Exercise details: Below is some data. Retype exactly the lines starting at the one with "pub data Change" and ending at the one with "-- What a registry".

Information shown:
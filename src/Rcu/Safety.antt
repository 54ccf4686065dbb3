-- ===== src/Rcu/Safety.antt =====
-- Readers, and the entries that are given back.
use soa_repo.Base.{ℕ, ◌≡◌, ◌≢◌, ◌⊎◌, true, false, Bool-cases, inl, inr}
use soa_repo.Rcu.{free, retired, Chain, Reach, Step, frees, give_back}
use soa_repo.Rcu.Invariant.{Inv, Reach-Inv, IsKept}

kept-ne-free : (c : Chain) (i a : ℕ) → IsKept c i a → c.status a ≢ free
kept-ne-free c i a (inl l) e = cc
kept-ne-free c i a (inr (r, w)) e = cc

-- No use after free: in every reachable state, whatever readers, registrations and deregistrations do
-- and in whatever order, the entry that a reader looks at is not given back, and neither is the one
-- that it goes to next.
pub reader_safe :
    (c : Chain) (i : ℕ)
    → Reach c
    → c.curr i ≢ 0
    → (c.status (c.curr i) ≢ free)
      × ((c.next (c.curr i) ≡ 0) ⊎ (c.status (c.next (c.curr i)) ≢ free))
reader_safe c i r on =
    let v = Reach-Inv r in
    (kept-ne-free c i (c.curr i) (v.standing i on).1, onwards v (v.standing i on).1)
  where
    onwards :
        Inv c
        → IsKept c i (c.curr i)
        → (c.next (c.curr i) ≡ 0) ⊎ (c.status (c.next (c.curr i)) ≢ free)
    onwards v (inl l) = elim (v.next_linked (c.curr i) l) [
      | inl last ↦ inl last
      | inr (l', older) ↦ inr (λ e. cc)
    ]
    onwards v (inr (out, w)) = elim (v.onward (c.curr i) i out w) [
      | inl last ↦ inl last
      | inr kept ↦ inr (kept-ne-free c i (c.next (c.curr i)) kept)
    ]

-- A deregistration can end: in every reachable state in which nobody reads, an entry that was taken
-- out can be given back.
pub quiet_frees :
    (c : Chain) (a : ℕ)
    → Reach c
    → c.status a ≡ retired
    → ((j : ℕ) → c.reading j ≡ false)
    → Step c (give_back a c)
quiet_frees c a r out quiet = frees a out (λ j. not_awaited j (Bool-cases (c.waits a j)))
  where
    not_awaited : (j : ℕ) → (c.waits a j ≡ true) ⊎ (c.waits a j ≡ false) → c.waits a j ≡ false
    not_awaited j (inl w) = cc ((Reach-Inv r).awaited a j out w, quiet j)
    not_awaited j (inr w) = w
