-- ===== src/Registry.antt =====
-- The three registries of the module: system calls, user ids and program names.
pub mod Table
pub mod Uid
pub mod Prog
pub mod Syscall
pub mod Lengths
pub mod Validity
pub mod Start
pub mod Histories
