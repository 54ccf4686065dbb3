-- ===== src/Registry/Histories.antt =====
-- Any history of registrations and deregistrations, against a set: what a registry promises whatever
-- its table is made of.
use soa_repo.Base.{
  ℕ, ◌≡◌, ◌∙◌, refl, ap, List, [], ◌∷◌, Option, none, some, Bool, true, false, ◌==◌, if◌then◌else◌,
  ℤ, pos, enoent, enomem, eexist,
}
use soa_repo.Kernel.{Kernel}
use soa_repo.State.{State}
use soa_repo.Registry.Validity.{IsValid}

-- A registration has what kmalloc answers to it.
pub data Change (Mem Key : Type 0) : Type 0 where
  registers : Mem → Key → Change Mem Key
  deregisters : Key → Change Mem Key

abbrev pub is_some : Option ℕ → Bool
is_some none = false
is_some (some p) = true

-- The set, as a function that is 1 for a member and 0 for any other, and the answers.
module _ {Mem Key : Type 0} (is_enough : Mem → Bool) (same : Key → Key → Bool) where
  abbrev pub changed : (Key → ℕ) → Change Mem Key → Key → ℕ
  changed m (registers mem k) w = if is_enough mem then (if same k w then 1 else m w) else m w
  changed m (deregisters k) w = if same k w then 0 else m w

  abbrev pub answer : (Key → ℕ) → Change Mem Key → ℤ
  answer m (registers mem k) =
      if is_enough mem then (if m k == 0 then pos 0 else eexist) else enomem
  answer m (deregisters k) = if m k == 0 then enoent else pos 0

  unfoldable pub specified : (Key → ℕ) → List (Change Mem Key) → (Key → ℕ) × List ℤ
  specified m [] = (m, [])
  specified m (c ∷ cs) = let (n, answers) = specified (changed m c) cs in (n, answer m c ∷ answers)

-- What a registry is for this purpose: its two functions as one, its check, and what they do.
pub record Registry (K : Kernel) (original : ℕ → ℕ) (Mem Key : Type 0) : Type 1 where
  pub is_enough : Mem → Bool
  pub same : Key → Key → Bool
  pub apply : Change Mem Key → State K → State K × ℤ
  pub check : Key → State K → ℕ
  pub IsAllowed : Change Mem Key → State K → Type 0
  pub apply-IsValid :
      (s : State K) (c : Change Mem Key)
      → IsValid K original s
      → IsAllowed c s
      → IsValid K original (apply c s).0
  pub apply-answer :
      (s : State K) (c : Change Mem Key)
      → IsValid K original s
      → IsAllowed c s
      → (apply c s).1 ≡ answer is_enough same (λ w. check w s) c
  pub apply-check :
      (s : State K) (c : Change Mem Key)
      → IsValid K original s
      → IsAllowed c s
      → (w : Key) → check w (apply c s).0 ≡ changed is_enough same (λ u. check u s) c w

module _ {K : Kernel} {original : ℕ → ℕ} {Mem Key : Type 0} (r : Registry K original Mem Key) where
  unfoldable pub run : State K → List (Change Mem Key) → State K × List ℤ
  run s [] = (s, [])
  run s (c ∷ cs) = let (t, answers) = run (r.apply c s).0 cs in (t, (r.apply c s).1 ∷ answers)

  unfoldable pub AreAllowed : State K → List (Change Mem Key) → Type 0
  AreAllowed s [] = Unit
  AreAllowed s (c ∷ cs) = r.IsAllowed c s × AreAllowed (r.apply c s).0 cs

  pub run-IsValid :
      (s : State K) (cs : List (Change Mem Key))
      → IsValid K original s
      → AreAllowed s cs
      → IsValid K original (run s cs).0
  unfolding run AreAllowed
  run-IsValid s [] v h = v
  run-IsValid s (c ∷ cs) v (allowed, h) =
      run-IsValid (r.apply c s).0 cs (r.apply-IsValid s c v allowed) h

  -- A history does to the registry what it does to the set, and gives the same answers.
  pub run-specified :
      (s : State K) (cs : List (Change Mem Key))
      → IsValid K original s
      → AreAllowed s cs
      → ((run s cs).1 ≡ (specified r.is_enough r.same (λ w. r.check w s) cs).1)
        × ((w : Key)
            → r.check w (run s cs).0 ≡ (specified r.is_enough r.same (λ w. r.check w s) cs).0 w)
  unfolding run AreAllowed specified
  run-specified s [] v h = (refl, λ w. refl)
  run-specified s (c ∷ cs) v (allowed, h) =
      let (answers, members) = run-specified (r.apply c s).0 cs (r.apply-IsValid s c v allowed) h in
      let same_set : (λ w. r.check w (r.apply c s).0)
          ≡ changed r.is_enough r.same (λ w. r.check w s) c =
        λ i w. r.apply-check s c v allowed w i in
      (
        ap (λ a. a ∷ (run (r.apply c s).0 cs).1) (r.apply-answer s c v allowed)
            ∙ ap (λ l. answer r.is_enough r.same (λ w. r.check w s) c ∷ l)
                (answers ∙ ap (λ m. (specified r.is_enough r.same m cs).1) same_set),
        λ w. members w ∙ ap (λ m. (specified r.is_enough r.same m cs).0 w) same_set,
      )
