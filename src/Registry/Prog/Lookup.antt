-- ===== src/Registry/Prog/Lookup.antt =====
-- The program names as a set: what `check_progname` answers after each operation of src/throttling_api.c.
use soa_repo.Base.{
  true, take, eq_of_bytes_eq, bytes_eq, List, length, ℕ, ◌≡◌, ap, ◌∙◌, Option, none, some, arith,
  ◌==◌, if◌then◌else◌, count, Option-cases, inl, inr, pos, eexist, enoent, ◌≤◌, find,
}
use soa_repo.Kernel.{Node, Kernel}
use soa_repo.State.{State}
use soa_repo.Registry.Table.{
  count-add, count-del, count-missing, count-present, found-count, test_found,
}
use soa_repo.Registry.Validity.{IsValid, IsFresh}
use soa_repo.Registry.Prog.{
  prog_hit, prog_key, same_name, stored_name, find_prog, register_prog_name, deregister_prog_name,
  check_progname,
}
use soa_repo.Registry.Prog.Validity.{
  stored, unlinked, new_prog, link_prog, unlink_prog, register_new, register_again,
  deregister_there, register_prog_name-IsValid, deregister_prog_name-IsValid,
}

module _ (K : Kernel) (original : ℕ → ℕ) where
  open K.prog_api use {all, possible}

  -- `check_progname` counts the entries for a program name, over all chains.
  pub check_progname-count :
      (s : State K)
      → IsValid K original s
      → (w : List ℕ) → check_progname K w s ≡ count (λ n. same_name n.val w) (all s.prog_hash)
  unfolding check_progname find_prog
  check_progname-count s v w =
      ground (arith, found-count K.prog_api prog_hit (prog_key K) s.prog_hash v.progs.consistent w)

  -- Names that agree on 16 bytes get the same answer.
  pub check_progname-same_name :
      (s : State K) (a b : List ℕ)
      → same_name a b ≡ true
      → check_progname K a s ≡ check_progname K b s
  unfolding check_progname find_prog
  check_progname-same_name s a b h =
      ap
        (λ (y : List ℕ).
          check_of (find (λ n. bytes_eq (take 16 n.val) y) (possible (K.jhash y) s.prog_hash)))
        (eq_of_bytes_eq (take 16 a) (take 16 b) h)
    where
      check_of : Option (Node (List ℕ)) → ℕ
      check_of o = elim o [ some entry ↦ 1 | none ↦ 0 ]

  module _ (s : State K) (v : IsValid K original s) where
    -- Registration with memory at hand. It returns 0 for a program name that was not registered and
    -- -EEXIST for one that was. Afterwards `check_progname` answers 1 for that program name, and for every
    -- other one what it answered before.
    pub register_prog_name-check_progname :
        (p : ℕ) (prog_name : List ℕ)
        → IsFresh K p s
        → length prog_name ≤ 15
        → ((register_prog_name K (some p) prog_name s).1
            ≡ (if check_progname K prog_name s == 0 then pos 0 else eexist))
          × ((w : List ℕ)
              → check_progname K w (register_prog_name K (some p) prog_name s).0
                ≡ (if same_name prog_name w then 1 else check_progname K w s))
    unfolding link_prog find_prog
    register_prog_name-check_progname p prog_name fresh short =
        elim (Option-cases (find_prog K prog_name (prog_key K prog_name) s)) [
          | inl missing ↦ (
            ground (
              arith,
              register_new K original s v p prog_name fresh short missing,
              none_there missing,
            ),
            λ w.
                check_progname-count _
                  (register_prog_name-IsValid K original s v p prog_name fresh short) w
                ∙ rw (register_new K original s v p prog_name fresh short missing) (
                    ground (
                      arith,
                      count-add K.prog_api prog_hit (prog_key K) s.prog_hash
                          (new_prog K original s v p prog_name fresh short)
                          (prog_key K (stored_name prog_name))
                          (unlinked K original s v p prog_name fresh short)
                          (λ n. same_name n.val w),
                      check_progname-count s v w,
                      check_progname-same_name s prog_name w,
                      ap (λ y. bytes_eq (take 16 y) (take 16 w))
                          (stored K original s v p prog_name fresh short),
                      check_progname-count s v prog_name,
                      none_there missing,
                    )),
          )
          | inr (curr, there) ↦
              rw (register_again K original s v p prog_name fresh short curr there) (
                ground (arith, one_there curr there),
                λ w. ground (arith, one_there curr there, check_progname-same_name s prog_name w),
              )
        ]
      where
        none_there :
            find_prog K prog_name (prog_key K prog_name) s ≡ none → check_progname K prog_name s ≡ 0
        none_there e =
            check_progname-count s v prog_name
            ∙ count-missing K.prog_api prog_hit (prog_key K) s.prog_hash v.progs.consistent
                prog_name e

        one_there :
            (n : Node (List ℕ))
            → find_prog K prog_name (prog_key K prog_name) s ≡ some n
            → check_progname K prog_name s ≡ 1
        one_there n e =
            check_progname-count s v prog_name
            ∙ count-present K.prog_api prog_hit (prog_key K) s.prog_hash v.progs.consistent
                prog_name n e

    -- Deregistration. It returns 0 for a program name that was registered and -ENOENT for one that was
    -- not. Afterwards `check_progname` answers 0 for that program name, and for every other one what it
    -- answered before.
    pub deregister_prog_name-check_progname :
        (prog_name : List ℕ)
        → ((deregister_prog_name K prog_name s).1
            ≡ (if check_progname K prog_name s == 0 then enoent else pos 0))
          × ((w : List ℕ)
              → check_progname K w (deregister_prog_name K prog_name s).0
                ≡ (if same_name prog_name w then 0 else check_progname K w s))
    unfolding unlink_prog find_prog deregister_prog_name
    deregister_prog_name-check_progname prog_name =
        elim (Option-cases (find_prog K prog_name (prog_key K prog_name) s)) [
          | inl missing ↦
              rw (missing, deregister_prog_name)
                (
                  ground (arith, none_there missing),
                  λ w. ground (arith, none_there missing, check_progname-same_name s prog_name w),
                )
          | inr (curr, there) ↦ (
            ground
                (arith, deregister_there K original s v prog_name curr there, one_there curr there),
            λ w.
                check_progname-count _ (deregister_prog_name-IsValid K original s v prog_name) w
                ∙ rw (deregister_there K original s v prog_name curr there) (
                    ground (
                      arith,
                      count-del K.prog_api prog_hit (prog_key K) s.prog_hash v.progs.consistent
                          prog_name curr there (λ n. same_name n.val w),
                      check_progname-count s v w,
                      check_progname-same_name s prog_name w,
                      same_hit w curr there,
                      check_progname-count s v prog_name,
                      one_there curr there,
                    )),
          )
        ]
      where
        -- The node that was found is one that just the names like `prog_name` look for.
        same_hit :
            (w : List ℕ) (n : Node (List ℕ))
            → find_prog K prog_name (prog_key K prog_name) s ≡ some n
            → same_name n.val w ≡ same_name prog_name w
        same_hit w n e =
            ap (λ y. bytes_eq y (take 16 w))
              (eq_of_bytes_eq (take 16 n.val) (take 16 prog_name) (
                test_found K.prog_api prog_hit (prog_key K) s.prog_hash v.progs.consistent prog_name
                  n e))

        none_there :
            find_prog K prog_name (prog_key K prog_name) s ≡ none → check_progname K prog_name s ≡ 0
        none_there e =
            check_progname-count s v prog_name
            ∙ count-missing K.prog_api prog_hit (prog_key K) s.prog_hash v.progs.consistent
                prog_name e

        one_there :
            (n : Node (List ℕ))
            → find_prog K prog_name (prog_key K prog_name) s ≡ some n
            → check_progname K prog_name s ≡ 1
        one_there n e =
            check_progname-count s v prog_name
            ∙ count-present K.prog_api prog_hit (prog_key K) s.prog_hash v.progs.consistent
                prog_name n e
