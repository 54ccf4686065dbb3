-- ===== src/Registry/Prog/History.antt =====
-- The registry of program names as a set, where names that agree on 16 bytes are the same.
use soa_repo.Base.{ℕ, ◌≤◌, ◌≡◌, refl, List, Option, none, some, length, ℤ}
use soa_repo.Kernel.{Kernel}
use soa_repo.State.{State}
use soa_repo.Registry.Validity.{IsValid, IsFresh}
use soa_repo.Registry.Histories.{
  Change, registers, deregisters, is_some, changed, answer, specified, Registry, run, AreAllowed,
  run-specified,
}
use soa_repo.Registry.Prog.{register_prog_name, deregister_prog_name, check_progname, same_name}
use soa_repo.Registry.Prog.Validity.{register_prog_name-IsValid, deregister_prog_name-IsValid}
use soa_repo.Registry.Prog.Lookup.{
  register_prog_name-check_progname, deregister_prog_name-check_progname,
}

module _ (K : Kernel) where
  unfoldable pub change_prog : Change (Option ℕ) (List ℕ) → State K → State K × ℤ
  change_prog (registers mem k) s = register_prog_name K mem k s
  change_prog (deregisters k) s = deregister_prog_name K k s

  -- kmalloc gives out no block that is out already, and the device passes names of 15
  -- bytes at most.
  abbrev pub ProgIsAllowed : Change (Option ℕ) (List ℕ) → State K → Type 0
  ProgIsAllowed (registers none k) s = Unit
  ProgIsAllowed (registers (some p) k) s = IsFresh K p s × (length k ≤ 15)
  ProgIsAllowed (deregisters k) s = Unit

  module _ (original : ℕ → ℕ) where
    pub change_prog-IsValid :
        (s : State K) (c : Change (Option ℕ) (List ℕ))
        → IsValid K original s
        → ProgIsAllowed c s
        → IsValid K original (change_prog c s).0
    unfolding change_prog register_prog_name
    change_prog-IsValid s (registers none k) v allowed = v
    change_prog-IsValid s (registers (some p) k) v (fresh, few) =
        register_prog_name-IsValid K original s v p k fresh few
    change_prog-IsValid s (deregisters k) v allowed = deregister_prog_name-IsValid K original s v k

    pub change_prog-answer :
        (s : State K) (c : Change (Option ℕ) (List ℕ))
        → IsValid K original s
        → ProgIsAllowed c s
        → (change_prog c s).1 ≡ answer is_some same_name (λ w. check_progname K w s) c
    unfolding change_prog register_prog_name
    change_prog-answer s (registers none k) v allowed = refl
    change_prog-answer s (registers (some p) k) v (fresh, few) =
        (register_prog_name-check_progname K original s v p k fresh few).0
    change_prog-answer s (deregisters k) v allowed =
        (deregister_prog_name-check_progname K original s v k).0

    pub change_prog-check :
        (s : State K) (c : Change (Option ℕ) (List ℕ))
        → IsValid K original s
        → ProgIsAllowed c s
        → (w : List ℕ)
        → check_progname K w (change_prog c s).0
          ≡ changed is_some same_name (λ u. check_progname K u s) c w
    unfolding change_prog register_prog_name
    change_prog-check s (registers none k) v allowed w = refl
    change_prog-check s (registers (some p) k) v (fresh, few) w =
        (register_prog_name-check_progname K original s v p k fresh few).1 w
    change_prog-check s (deregisters k) v allowed w =
        (deregister_prog_name-check_progname K original s v k).1 w

    abbrev pub prog_registry : Registry K original (Option ℕ) (List ℕ)
    prog_registry = record {
      is_enough = is_some;
      same = same_name;
      apply = change_prog;
      check = check_progname K;
      IsAllowed = ProgIsAllowed;
      apply-IsValid = change_prog-IsValid;
      apply-answer = change_prog-answer;
      apply-check = change_prog-check;
    }

    -- Any history of registrations of names of at most 15 bytes, with or without memory at hand, and of
    -- deregistrations, from a valid state and with each kmalloc giving out a block that is not out:
    -- the answers are those of a set in which names that agree on 16 bytes are the same, -EEXIST for
    -- the registration of a member, -ENOENT for the deregistration of any other and -ENOMEM without
    -- memory, and afterwards check_progname answers just what the set holds.
    pub prog_registry-specified :
        (s : State K) (cs : List (Change (Option ℕ) (List ℕ)))
        → IsValid K original s
        → AreAllowed prog_registry s cs
        → ((run prog_registry s cs).1
            ≡ (specified is_some same_name (λ w. check_progname K w s) cs).1)
          × ((w : List ℕ)
              → check_progname K w (run prog_registry s cs).0
                ≡ (specified is_some same_name (λ u. check_progname K u s) cs).0 w)
    prog_registry-specified s cs v allowed = run-specified prog_registry s cs v allowed
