-- ===== src/Registry/Prog/Listing.antt =====
-- `get_all_progs`: what the copied array holds.
use soa_repo.Base.{
  if◌then◌else◌, leb, Bool-cases, inl, inr, ℕ, ◌<◌, ◌≤◌, ◌^◌, ◌≡◌, refl, some, arith, List, [], ◌∷◌,
  count, take, take-length, pos, length, long_of, room, min, zero, suc,
}
use soa_repo.Kernel.{Node, Kernel}
use soa_repo.State.{State}
use soa_repo.Registry.Validity.{IsValid, is_long}
use soa_repo.Registry.Prog.{same_name, copy_progs, get_all_progs, check_progname}
use soa_repo.Registry.Prog.Lookup.{check_progname-count}

module _ (K : Kernel) where
  length-copy_progs :
      (n : ℕ) (l : List (Node (List ℕ))) → length (copy_progs K n l) ≡ min n (length l)
  unfolding copy_progs
  length-copy_progs zero [] = omega arith
  length-copy_progs (suc n) [] = omega arith
  length-copy_progs zero (e ∷ l) = omega arith
  length-copy_progs (suc n) (e ∷ l) = omega (arith, length-copy_progs n l)

  -- Names that fit their field are copied whole.
  count-copy_progs-le :
      (w : List ℕ) (n : ℕ) (l : List (Node (List ℕ)))
      → count is_long l ≡ 0
      → count (λ a. same_name a w) (copy_progs K n l) ≤ count (λ e. same_name e.val w) l
  unfolding copy_progs count
  count-copy_progs-le w zero [] short = omega arith
  count-copy_progs-le w (suc n) [] short = omega arith
  count-copy_progs-le w zero (e ∷ l) short = omega arith
  count-copy_progs-le w (suc n) (e ∷ l) short =
      let whole : take 15 e.val ≡ e.val = take-length 15 e.val (ground arith) in
      rw whole (omega (arith, count-copy_progs-le w n l (ground arith)))

  count-copy_progs :
      (w : List ℕ) (n : ℕ) (l : List (Node (List ℕ)))
      → count is_long l ≡ 0
      → length l ≤ n
      → count (λ a. same_name a w) (copy_progs K n l) ≡ count (λ e. same_name e.val w) l
  unfolding copy_progs count
  count-copy_progs w zero [] short h = refl
  count-copy_progs w (suc n) [] short h = refl
  count-copy_progs w zero (e ∷ l) short h = absurd (omega arith)
  count-copy_progs w (suc n) (e ∷ l) short h =
      let whole : take 15 e.val ≡ e.val = take-length 15 e.val (ground arith) in
      rw whole (omega (arith, count-copy_progs w n l (ground arith) (omega arith)))

  module _ (original : ℕ → ℕ) (s : State K) (v : IsValid K original s) where
    open K.prog_api use {all}

    -- With memory at hand, a bound `max` that is no negative number, and fewer than 2 ^ 63 program
    -- names registered: the return value is the length of the array, which is the smaller of `max`
    -- and the number of entries; a name is in the array at most once, and only if `check_progname`
    -- answers 1 for it; and if `max` is not below the number of entries, the array holds just those
    -- for which it does.
    pub get_all_progs-check_progname :
        (p max : ℕ)
        → length (all s.prog_hash) < 2 ^ 63
        → ((get_all_progs K (some p) (pos max) s).1
            ≡ pos (length (get_all_progs K (some p) (pos max) s).2))
          × (length (get_all_progs K (some p) (pos max) s).2 ≡ min max (length (all s.prog_hash)))
          × ((w : List ℕ)
              → count (λ a. same_name a w) (get_all_progs K (some p) (pos max) s).2
                ≤ check_progname K w s)
          × ((w : List ℕ)
              → (if leb (length (all s.prog_hash)) max then check_progname K w s else 0)
                ≤ count (λ a. same_name a w) (get_all_progs K (some p) (pos max) s).2)
    unfolding get_all_progs
    get_all_progs-check_progname p max small =
        rw (get_all_progs, room_left)
          (
            refl,
            omega (arith, length-copy_progs (min (length (all s.prog_hash)) max) (all s.prog_hash)),
            λ w. omega (
              arith,
              count-copy_progs-le w (min (length (all s.prog_hash)) max) (all s.prog_hash)
                  v.progs.short,
              check_progname-count K original s v w,
            ),
            λ w. elim (Bool-cases (leb (length (all s.prog_hash)) max)) [
              | inl wide ↦ rw wide (
                  omega (
                    arith,
                    count-copy_progs w (min (length (all s.prog_hash)) max) (all s.prog_hash)
                        v.progs.short (ground arith),
                    check_progname-count K original s v w,
                  ))
              | inr narrow ↦ rw narrow (omega arith)
            ],
          )
      where
        room_left :
            room (long_of s.prog_name_len) (pos max) ≡ some (min (length (all s.prog_hash)) max)
        room_left = ground (arith, v.progs.counted)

Your solution:
pub data Change (Mem Key : Type 0) : Type 0 where
  registers : Mem → Key → Change Mem Key
  deregisters : Key → Change Mem Key

abbrev pub is_some : Option ℕ → Bool
is_some none = false
is_some (some p) = true

-- The set, as a function that is 1 for a member and 0 for any other, and the answers.
module _ {Mem Key : Type 0} (is_enough : Mem → Bool) (same : Key → Key → Bool) where
  abbrev pub changed : (Key → ℕ) → Change Mem Key → Key → ℕ
  changed m (registers mem k) w = if is_enough mem then (if same k w then 1 else m w) else m w
  changed m (deregisters k) w = if same k w then 0 else m w

  abbrev pub answer : (Key → ℕ) → Change Mem Key → ℤ
  answer m (registers mem k) =
      if is_enough mem then (if m k == 0 then pos 0 else eexist) else enomem
  answer m (deregisters k) = if m k == 0 then enoent else pos 0

  unfoldable pub specified : (Key → ℕ) → List (Change Mem Key) → (Key → ℕ) × List ℤ
  specified m [] = (m, [])
  specified m (c ∷ cs) = let (n, answers) = specified (changed m c) cs in (n, answer m c ∷ answers)

-- What a registry is for this purpose: its two functions as one, its check, and what they do.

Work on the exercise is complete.